To a very large extent, we could characterize usability in digital systems as avoiding the need for users to understand the full metadata cascade behind the data they create. (The rest of usability is about avoiding mechanical awkwardness — like typing angle brackets for XML tags.)
How is this done?
- By providing natural language prompts that guide the writer (an interpretation of their true metadata).
- By designing systems such that you only ask writers for data in a domain they understand well (meaning that they actually do understand most of the relevant metadata).
- By designing systems that do lots of validation of data input and give good feedback when the data provided is inconsistent with the metadata.
Unfortunately, all of these things are difficult to do when it comes to content.

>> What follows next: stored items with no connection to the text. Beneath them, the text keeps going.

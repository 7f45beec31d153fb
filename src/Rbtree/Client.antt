-- ===== src/Rbtree/Client.antt =====
-- What the compiler does with a set of keys: any sequence of the operations that change a tree,
-- beside the same sequence on a sorted list of addresses.
pub mod Abstract
pub mod Refines
use javalette.Prelude.{
  ℕ, Bool, true, false, Option, none, some, List, [], ◌∷◌, ltb, ◌==◌, ◌||◌, if◌then◌else◌, ◌>>=◌,
}
use javalette.Rbtree.{RbPair, Rbtree, first}
use javalette.Rbtree.Insert.{insert, insert_if_absent}
use javalette.Rbtree.Delete.{delete}
use javalette.Rbtree.Walk.{clear}

pub data Op {ℓ} (K : Type ℓ) : Type ℓ where
  add add_if_absent remove : K → Op K
  wipe : Op K

module _ {ℓ} {K : Type ℓ} ⦃p : RbPair K⦄ where
  unfoldable pub step : Op K → Rbtree K → Option (Rbtree K)
  step (add x) t = insert t x
  step (add_if_absent x) t = do (t', found) ← insert_if_absent t x; some t'
  step (remove x) t = delete t x
  step wipe t = some (clear t)

  unfoldable pub run : List (Op K) → Rbtree K → Option (Rbtree K)
  run [] t = some t
  run (op ∷ ops) t = do t' ← step op t; run ops t'

-- The abstract set: a sorted list of addresses, where an address may stand more than once.
abbrev pub put : ℕ → List ℕ → List ℕ
put a [] = a ∷ []
put a (b ∷ bs) = if ltb a b then a ∷ b ∷ bs else b ∷ put a bs

abbrev pub member : ℕ → List ℕ → Bool
member a [] = false
member a (b ∷ bs) = a == b || member a bs

abbrev pub take_out : ℕ → List ℕ → List ℕ
take_out a [] = []
take_out a (b ∷ bs) = if a == b then bs else b ∷ take_out a bs

module _ {ℓ} {K : Type ℓ} ⦃p : RbPair K⦄ where
  abbrev pub replay_step : Op K → List ℕ → List ℕ
  replay_step (add x) l = put (p.first x) l
  replay_step (add_if_absent x) l = if member (p.first x) l then l else put (p.first x) l
  replay_step (remove x) l = take_out (p.first x) l
  replay_step wipe l = []

  abbrev pub replay : List (Op K) → List ℕ → List ℕ
  replay [] l = l
  replay (op ∷ ops) l = replay ops (replay_step op l)
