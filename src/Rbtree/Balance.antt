-- ===== src/Rbtree/Balance.antt =====
-- The colouring rules of a red-black tree, and the same rules for the stack of a walk.
use javalette.Prelude.{ℕ, ◌+◌, ◌≡◌, List, [], ◌∷◌, arith}
use javalette.Rbtree.{
  Color, red, black, Node, nil, node, Frame, from_left, from_right, Rbtree, color, frame_color,
  plug,
}

abbrev pub weight : Color → ℕ
weight red = 0
weight black = 1

-- A red node has black children.
abbrev pub Allows : Color → Color → Type 0
Allows red c = c ≡ black
Allows black c = Unit

module _ {ℓ} {K : Type ℓ} where
  -- The black nodes on the leftmost path.
  abbrev pub height : Node K → ℕ
  height nil = 0
  height (node c l k r) = height l + weight c

  -- No red node has a red child, and every path down has the same number of black nodes.
  abbrev pub IsBalanced : Node K → Type 0
  IsBalanced nil = Unit
  IsBalanced (node c l k r) =
      IsBalanced l × IsBalanced r × (height l ≡ height r) × Allows c (color l) × Allows c (color r)

  -- What lies above the root counts as red, so that the root is black.
  abbrev pub top_color : List (Frame K) → Color
  top_color [] = red
  top_color (f ∷ fs) = frame_color f

  -- The rules above and beside a subtree of black height `h`.
  abbrev pub Fits : ℕ → List (Frame K) → Type 0
  Fits h [] = Unit
  Fits h (from_left c k r ∷ fs) =
      IsBalanced r
      × (height r ≡ h)
      × Allows c (color r)
      × Allows (top_color fs) c
      × Fits (h + weight c) fs
  Fits h (from_right c l k ∷ fs) =
      IsBalanced l
      × (height l ≡ h)
      × Allows c (color l)
      × Allows (top_color fs) c
      × Fits (h + weight c) fs

  -- The black height of the whole tree.
  abbrev pub outer : ℕ → List (Frame K) → ℕ
  outer h [] = h
  outer h (f ∷ fs) = outer (h + weight (frame_color f)) fs

  pub record IsRedBlack (t : Rbtree K) : Type 0 where
    pub balanced : IsBalanced t.root
    pub black_root : color t.root ≡ black
    pub counted : t.bh ≡ height t.root

  -- A balanced subtree put back under a stack that it fits.
  pub plug-IsBalanced :
      (h : ℕ) (z : Node K) (fs : List (Frame K))
      → IsBalanced z
      → height z ≡ h
      → Fits h fs
      → Allows (top_color fs) (color z)
      → IsBalanced (plug z fs) × (height (plug z fs) ≡ outer h fs) × (color (plug z fs) ≡ black)
  plug-IsBalanced h z [] b e f a = (b, e, a)
  plug-IsBalanced h z (from_left c k r ∷ fs) b e f a =
      plug-IsBalanced (h + weight c) (node c z k r) fs (ground arith) (ground arith) f.4 f.3
  plug-IsBalanced h z (from_right c l k ∷ fs) b e f a =
      plug-IsBalanced (h + weight c) (node c l k z) fs (ground arith) (ground arith) f.4 f.3
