-- ===== src/Rbtree/Insert/Walks.antt =====
-- The walks from the root of src/rbtree.c: the stack stays within its bounds and fits the subtree
-- that is reached.
use javalette.Prelude.{
  ℕ, ◌+◌, ◌*◌, ◌≤◌, ◌≡◌, refl, List, [], ◌∷◌, length, arith, Returns, true, false, leb, Returns-if,
  Returns-imp, Returns-and,
}
use javalette.Rbtree.{
  Color, red, black, Node, nil, node, Frame, from_left, from_right, color, plug, RbPair, cmp_less,
  cmp_eq,
}
use javalette.Rbtree.Balance.{IsBalanced, height, Fits, outer, top_color, Allows}
use javalette.Rbtree.Insert.{descend, locate}

-- A red node takes one more place on the stack than its black height shows.
abbrev pub extra : Color → ℕ
extra red = 1
extra black = 0

module _ {ℓ} {K : Type ℓ} where
  -- `z` stands where `stack` leads to, in a tree of black height `bh`, and the stack has room.
  pub record At (bh : ℕ) (z : Node K) (stack : List (Frame K)) : Type 0 where
    pub balanced : IsBalanced z
    pub fits : Fits (height z) stack
    pub allowed : Allows (top_color stack) (color z)
    pub inside : outer (height z) stack ≡ bh
    pub room : length stack + height z * 2 + extra (color z) ≤ bh * 2

  pub At-left :
      {bh : ℕ} {c : Color} {l : Node K} {k : K} {r : Node K} {stack : List (Frame K)}
      → At bh (node c l k r) stack
      → (leb (length stack + 1) (bh * 2) ≡ true) × At bh l (from_left c k r ∷ stack)
  At-left {c = red} a = ground arith
  At-left {c = black} {l = nil} a = ground arith
  At-left {c = black} {l = node _ _ _ _} a = ground arith

  pub At-right :
      {bh : ℕ} {c : Color} {l : Node K} {k : K} {r : Node K} {stack : List (Frame K)}
      → At bh (node c l k r) stack
      → (leb (length stack + 1) (bh * 2) ≡ true) × At bh r (from_right c l k ∷ stack)
  At-right {c = red} a = ground arith
  At-right {c = black} {r = nil} a = ground arith
  At-right {c = black} {r = node _ _ _ _} a = ground arith

module _ {ℓ} {K : Type ℓ} ⦃p : RbPair K⦄ where
  -- The stack is the one on which the comparisons of `x` lead.
  abbrev pub Follows : K → List (Frame K) → Type 0
  Follows x [] = Unit
  Follows x (from_left c k r ∷ fs) = (cmp_less x k ≡ true) × Follows x fs
  Follows x (from_right c l k ∷ fs) = (cmp_less x k ≡ false) × Follows x fs

  -- The assertion on the depth holds at every step of the walk.
  pub descend-At :
      (bh : ℕ) (x : K) (t : Node K) (stack : List (Frame K))
      → At bh t stack
      → Returns (λ stack'. At bh nil stack') (descend bh x t stack)
  unfolding descend
  descend-At bh x nil stack a = a
  descend-At bh x (node c l k r) stack a =
      Returns-if _ (cmp_less x k) _ _
        (λ _. rw (At-left a).0 (descend-At bh x l (from_left c k r ∷ stack) (At-left a).1))
        (λ _. rw (At-right a).0 (descend-At bh x r (from_right c l k ∷ stack) (At-right a).1))

  pub locate-At :
      (bh : ℕ) (x : K) (t : Node K) (stack : List (Frame K))
      → At bh t stack
      → Returns (λ (z, stack'). At bh z stack') (locate bh x t stack)
  unfolding locate
  locate-At bh x nil stack a = a
  locate-At bh x (node c l k r) stack a =
      Returns-if _ (cmp_eq x k) _ _ (λ _. a)
        (λ _.
          Returns-if _ (cmp_less x k) _ _
            (λ _. rw (At-left a).0 (locate-At bh x l (from_left c k r ∷ stack) (At-left a).1))
            (λ _. rw (At-right a).0 (locate-At bh x r (from_right c l k ∷ stack) (At-right a).1)))

  -- What a walk keeps: the tree that is walked through, and the way to go.
  abbrev pub Walked : K → Node K → Node K × List (Frame K) → Type ℓ
  Walked x root (z, stack) = (plug z stack ≡ root) × Follows x stack

  pub descend-Walked :
      (bh : ℕ) (x : K) (t : Node K) (stack : List (Frame K))
      → At bh t stack
      → Follows x stack
      → Returns (λ stack'. Walked x (plug t stack) (nil, stack')) (descend bh x t stack)
  unfolding descend
  descend-Walked bh x nil stack a f = (refl, f)
  descend-Walked bh x (node c l k r) stack a f =
      Returns-if _ (cmp_less x k) _ _
        (λ lt.
          rw (At-left a).0 (descend-Walked bh x l (from_left c k r ∷ stack) (At-left a).1 (lt, f)))
        (λ ge.
          rw (At-right a).0
            (descend-Walked bh x r (from_right c l k ∷ stack) (At-right a).1 (ge, f)))

  -- The walk ends at a node with the key that is looked for, or at a missing child.
  abbrev pub Hit : K → Node K → Type 0
  Hit x nil = Unit
  Hit x (node c l k r) = cmp_eq x k ≡ true

  pub locate-Walked :
      (bh : ℕ) (x : K) (t : Node K) (stack : List (Frame K))
      → At bh t stack
      → Follows x stack
      → Returns (λ at. Walked x (plug t stack) at × Hit x at.0) (locate bh x t stack)
  unfolding locate
  locate-Walked bh x nil stack a f = ((refl, f), tt)
  locate-Walked bh x (node c l k r) stack a f =
      Returns-if _ (cmp_eq x k) _ _ (λ e. ((refl, f), e))
        (λ _.
          Returns-if _ (cmp_less x k) _ _
            (λ lt.
              rw (At-left a).0
                (locate-Walked bh x l (from_left c k r ∷ stack) (At-left a).1 (lt, f)))
            (λ ge.
              rw (At-right a).0
                (locate-Walked bh x r (from_right c l k ∷ stack) (At-right a).1 (ge, f))))

  abbrev pub Arrived : ℕ → K → Node K → Node K × List (Frame K) → Type ℓ
  Arrived bh x root (z, stack) = At bh z stack × Walked x root (z, stack) × Hit x z

  pub descend-Arrived :
      (bh : ℕ) (x : K) (t : Node K)
      → At bh t []
      → Returns (λ stack. Arrived bh x t (nil, stack)) (descend bh x t [])
  descend-Arrived bh x t a =
      Returns-imp (λ stack. At bh nil stack × Walked x t (nil, stack))
        (λ stack. Arrived bh x t (nil, stack)) _ (λ stack h. (h.0, h.1, tt))
        (Returns-and (λ stack. At bh nil stack) (λ stack. Walked x t (nil, stack)) _
          (descend-At bh x t [] a) (descend-Walked bh x t [] a tt))

  pub locate-Arrived :
      (bh : ℕ) (x : K) (t : Node K) → At bh t [] → Returns (Arrived bh x t) (locate bh x t [])
  locate-Arrived bh x t a =
      Returns-imp (λ at. At bh at.0 at.1 × (Walked x t at × Hit x at.0)) (Arrived bh x t) _
        (λ at h. (h.0, h.1.0, h.1.1))
        (Returns-and (λ (z, stack). At bh z stack) (λ at. Walked x t at × Hit x at.0) _
          (locate-At bh x t [] a) (locate-Walked bh x t [] a tt))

- Not only is it hard to fit natural language prompting onto the screen without obscuring the document itself, the author is creating so much metadata so quickly as they type that a high level of guidance would kill productivity. And in many cases, the markup schema provides so many choices at every juncture that the full guidance to selecting between them is overwhelming. This forces the author to learn the schema and hold it in their head when writing, a cognitive load that is made worse by the size and complexity of many schemas.

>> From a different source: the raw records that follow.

-- ===== src/Rbtree/Insert/Balanced.antt =====
-- `rb_insert_fixup` and the colouring rules.
use javalette.Prelude.{
  ℕ, ◌+◌, ◌≡◌, List, ◌∷◌, arith, Returns, [], Option, Returns-bind, refl, ◌∙◌, assert, not, ◌>>◌,
}
use javalette.Rbtree.{
  Color, red, black, Node, nil, node, Frame, from_left, from_right, color, frame_color, plug, paint,
  close, is_black,
}
use javalette.Rbtree.Balance.{IsBalanced, height, Fits, Allows, outer, top_color, plug-IsBalanced}
use javalette.Rbtree.Insert.{settle_left, insert_fixup, settle_right, branch, loop_asserts}

Returns-branch {ℓ} :
    {A : Type ℓ} (P : A → Type 0) (pc uc : Color) (a b c : Option A)
    → (pc ≡ black → Returns P a)
    → (pc ≡ red → uc ≡ red → Returns P b)
    → (pc ≡ red → uc ≡ black → Returns P c)
    → Returns P (branch pc uc a b c)
Returns-branch P black uc a b c f g h = f refl
Returns-branch P red red a b c f g h = g refl refl
Returns-branch P red black a b c f g h = h refl refl

pub Allows-black : (c : Color) → Allows c black
Allows-black red = refl
Allows-black black = tt

module _ {ℓ} {K : Type ℓ} where
  abbrev Settled : ℕ → Node K → Type 0
  Settled h t = IsBalanced t × (height t ≡ h + 1) × (color t ≡ black)

  settle_left-Settled :
      (h : ℕ) (z : Node K) (p : Frame K) (c : Color) (k : K) (u : Node K) (rest : List (Frame K))
      → IsBalanced z
      → color z ≡ red
      → height z ≡ h
      → frame_color p ≡ red
      → Fits h (p ∷ from_left c k u ∷ rest)
      → color u ≡ black
      → Returns (Settled h) (settle_left z p c k u)
  unfolding settle_left
  settle_left-Settled h nil p c k u rest b r e pr f ub = cc
  settle_left-Settled h (node zc zl zk zr) (from_left pc pk pr) c k u rest b r e pe f ub =
      ground arith
  settle_left-Settled h (node zc zl zk zr) (from_right pc pl pk) c k u rest b r e pe f ub =
      ground arith

  settle_right-Settled :
      (h : ℕ) (z : Node K) (p : Frame K) (c : Color) (u : Node K) (k : K) (rest : List (Frame K))
      → IsBalanced z
      → color z ≡ red
      → height z ≡ h
      → frame_color p ≡ red
      → Fits h (p ∷ from_right c u k ∷ rest)
      → color u ≡ black
      → Returns (Settled h) (settle_right z p c u k)
  unfolding settle_right
  settle_right-Settled h nil p c u k rest b r e pr f ub = cc
  settle_right-Settled h (node zc zl zk zr) (from_left pc pk pr) c u k rest b r e pe f ub =
      ground arith
  settle_right-Settled h (node zc zl zk zr) (from_right pc pl pk) c u k rest b r e pe f ub =
      ground arith

  -- A root with its black height.
  abbrev pub Built : Node K × ℕ → Type 0
  Built (root, bh) = IsBalanced root × (color root ≡ black) × (bh ≡ height root)

  pub Built-plug :
      (bh h : ℕ) (z : Node K) (fs : List (Frame K))
      → IsBalanced z
      → height z ≡ h
      → Fits h fs
      → Allows (top_color fs) (color z)
      → bh ≡ outer h fs
      → Built (plug z fs, bh)
  Built-plug bh h z fs b e f a o =
      let q = plug-IsBalanced h z fs b e f a in (q.0, q.2, ground arith)

  -- The red uncle's case: the node that the loop goes on with.
  rise_left :
      (h : ℕ) (z : Node K) (p : Frame K) (c : Color) (k : K) (u : Node K) (rest : List (Frame K))
      → IsBalanced z
      → color z ≡ red
      → height z ≡ h
      → frame_color p ≡ red
      → Fits h (p ∷ from_left c k u ∷ rest)
      → color u ≡ red
      → let z' = node red (paint black (close z p)) k (paint black u) in
        IsBalanced z' × (height z' ≡ h + 1)
  rise_left h z (from_left pc pk pr) c k u rest b r e pe f ue = ground arith
  rise_left h z (from_right pc pl pk) c k u rest b r e pe f ue = ground arith

  rise_right :
      (h : ℕ) (z : Node K) (p : Frame K) (c : Color) (u : Node K) (k : K) (rest : List (Frame K))
      → IsBalanced z
      → color z ≡ red
      → height z ≡ h
      → frame_color p ≡ red
      → Fits h (p ∷ from_right c u k ∷ rest)
      → color u ≡ red
      → let z' = node red (paint black u) k (paint black (close z p)) in
        IsBalanced z' × (height z' ≡ h + 1)
  rise_right h z (from_left pc pk pr) c u k rest b r e pe f ue = ground arith
  rise_right h z (from_right pc pl pk) c u k rest b r e pe f ue = ground arith

  Fits-above :
      (h : ℕ) (p pp : Frame K) (rest : List (Frame K))
      → frame_color p ≡ red
      → Fits h (p ∷ pp ∷ rest)
      → Fits (h + 1) rest × (outer h (p ∷ pp ∷ rest) ≡ outer (h + 1) rest)
  Fits-above h (from_left pc pk pr) (from_left c k u) rest r f = ground arith
  Fits-above h (from_left pc pk pr) (from_right c u k) rest r f = ground arith
  Fits-above h (from_right pc pl pk) (from_left c k u) rest r f = ground arith
  Fits-above h (from_right pc pl pk) (from_right c u k) rest r f = ground arith

  Fits-black :
      (h : ℕ) (p pp : Frame K) (rest : List (Frame K))
      → frame_color p ≡ red
      → Fits h (p ∷ pp ∷ rest)
      → frame_color pp ≡ black
  Fits-black h (from_left pc pk pr) (from_left c k u) rest r f = ground arith
  Fits-black h (from_left pc pk pr) (from_right c u k) rest r f = ground arith
  Fits-black h (from_right pc pl pk) (from_left c k u) rest r f = ground arith
  Fits-black h (from_right pc pl pk) (from_right c u k) rest r f = ground arith

  -- The assertions on the colours hold.
  Returns-loop_asserts :
      (z : Node K) (c : Color) (m : Option (Node K × ℕ))
      → color z ≡ red
      → c ≡ black
      → Returns Built m
      → Returns Built (loop_asserts z c m)
  Returns-loop_asserts z c m r e h = rw (r, e) h

  Returns-red :
      (z : Node K) (m : Option (Node K × ℕ))
      → color z ≡ red
      → Returns Built m
      → Returns Built (assert (not (is_black (color z))) >> m)
  Returns-red z m r h = rw (r) h

  -- A red node is put where a tree of its black height fits.
  pub insert_fixup-Built :
      (bh h : ℕ) (z : Node K) (fs : List (Frame K))
      → IsBalanced z
      → color z ≡ red
      → height z ≡ h
      → Fits h fs
      → bh ≡ outer h fs
      → Returns Built (insert_fixup bh z fs)
  unfolding insert_fixup
  insert_fixup-Built bh h nil [] b r e f o = cc
  insert_fixup-Built bh h (node c l k x) [] b r e f o = ground arith
  insert_fixup-Built bh h z (from_left c k x ∷ []) b r e f o = ground arith
  insert_fixup-Built bh h z (from_right c x k ∷ []) b r e f o = ground arith
  insert_fixup-Built bh h z (p ∷ from_left c k u ∷ rest) b r e f o =
      Returns-branch Built (frame_color p) (color u) _ _ _
        (λ pb.
          Returns-red z _ r (Built-plug bh h z (p ∷ from_left c k u ∷ rest) b e f (rw pb tt) o))
        (λ pr ur.
          let (fr, re) = Fits-above h p (from_left c k u) rest pr f in
          let g = rise_left h z p c k u rest b r e pr f ur in
          Returns-loop_asserts z c _ r (Fits-black h p (from_left c k u) rest pr f) (
            insert_fixup-Built bh (h + 1) (node red (paint black (close z p)) k (paint black u))
              rest g.0 refl g.1 fr (o ∙ re)))
        (λ pr ub.
          let (fr, re) = Fits-above h p (from_left c k u) rest pr f in
          Returns-loop_asserts z c _ r (Fits-black h p (from_left c k u) rest pr f) (
            Returns-bind (Settled h) Built _ _ (settle_left-Settled h z p c k u rest b r e pr f ub)
              (λ t (tb, th, tc).
                Built-plug bh (h + 1) t rest tb th fr (rw tc (Allows-black (top_color rest)))
                  (o ∙ re))))
  insert_fixup-Built bh h z (p ∷ from_right c u k ∷ rest) b r e f o =
      Returns-branch Built (frame_color p) (color u) _ _ _
        (λ pb.
          Returns-red z _ r (Built-plug bh h z (p ∷ from_right c u k ∷ rest) b e f (rw pb tt) o))
        (λ pr ur.
          let (fr, re) = Fits-above h p (from_right c u k) rest pr f in
          let g = rise_right h z p c u k rest b r e pr f ur in
          Returns-loop_asserts z c _ r (Fits-black h p (from_right c u k) rest pr f) (
            insert_fixup-Built bh (h + 1) (node red (paint black u) k (paint black (close z p)))
              rest g.0 refl g.1 fr (o ∙ re)))
        (λ pr ub.
          let (fr, re) = Fits-above h p (from_right c u k) rest pr f in
          Returns-loop_asserts z c _ r (Fits-black h p (from_right c u k) rest pr f) (
            Returns-bind (Settled h) Built _ _ (settle_right-Settled h z p c u k rest b r e pr f ub)
              (λ t (tb, th, tc).
                Built-plug bh (h + 1) t rest tb th fr (rw tc (Allows-black (top_color rest)))
                  (o ∙ re))))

- Much of the metadata that authors are asked for relates to the publishing domain or the content management domain, which the average author is not familiar with. Even the abstract document structures that typically make up a good portion of many schemas are not part of the native way that authors think about documents. Authors are therefore forced to learn a good deal about these foreign domains in order to create content that is valid for the metadata they are applying to it.
- It is easy enough to validate if a person is attempting to withdraw more money than they have in their bank account. It is much more difficult to validate that a string of sentences validly fulfil the requirements of the markup attached to them. And this is made significantly worse by the very loose structures found in many schemas. By creating schemas that are largely free of constraints, we put all the burden on authors to follow appropriate constraints themselves, which again means they have to know and understand the metadata cascade behind those constraints.
That the metadata is bigger than the data is true for all systems. The successful systems are the ones that have successfully managed this fact by encapsulating the metadata in a way that does not require extensive metadata knowledge of users. The content management industry has not done a good job of this.
Many content management projects succeed, but many fail — far more than we should expect at this stage in the development of the industry. Some projects that were judged an initial success break down over time. Such failures can plausibly be traced back either to a loosening of metadata discipline, or a loss of understanding of the complex metadata system among users, or to the accumulation of content that does not fully conform to the metadata requirements, but which was not detected at the time it was created. (Such non-conformance can actually become self-perpetuating, as non-compliant workarounds are used to compensate for existing non-compliant content.)
A large part of this failure lies in its failure to design systems with this problem in mind. Complex metadata requirements accumulate during system design without much thought as to how they may be successfully hidden from users. Attempts to solve the problem often take the form of a gloss over the system — putting WYSIWYG interfaces over XML tags. But these approaches really only address the mechanical awkwardness aspects of usability. They do not encapsulate metadata requirements successfully.
As noted above, the encapsulation of metadata is an inherently difficult proposition for content — moreso perhaps than for any other type of data. So we should not expect that content management will ever be as easy as using an ATM. But we could benefit greatly from a ground up rethink of the content management model that had this problem at the heart of it.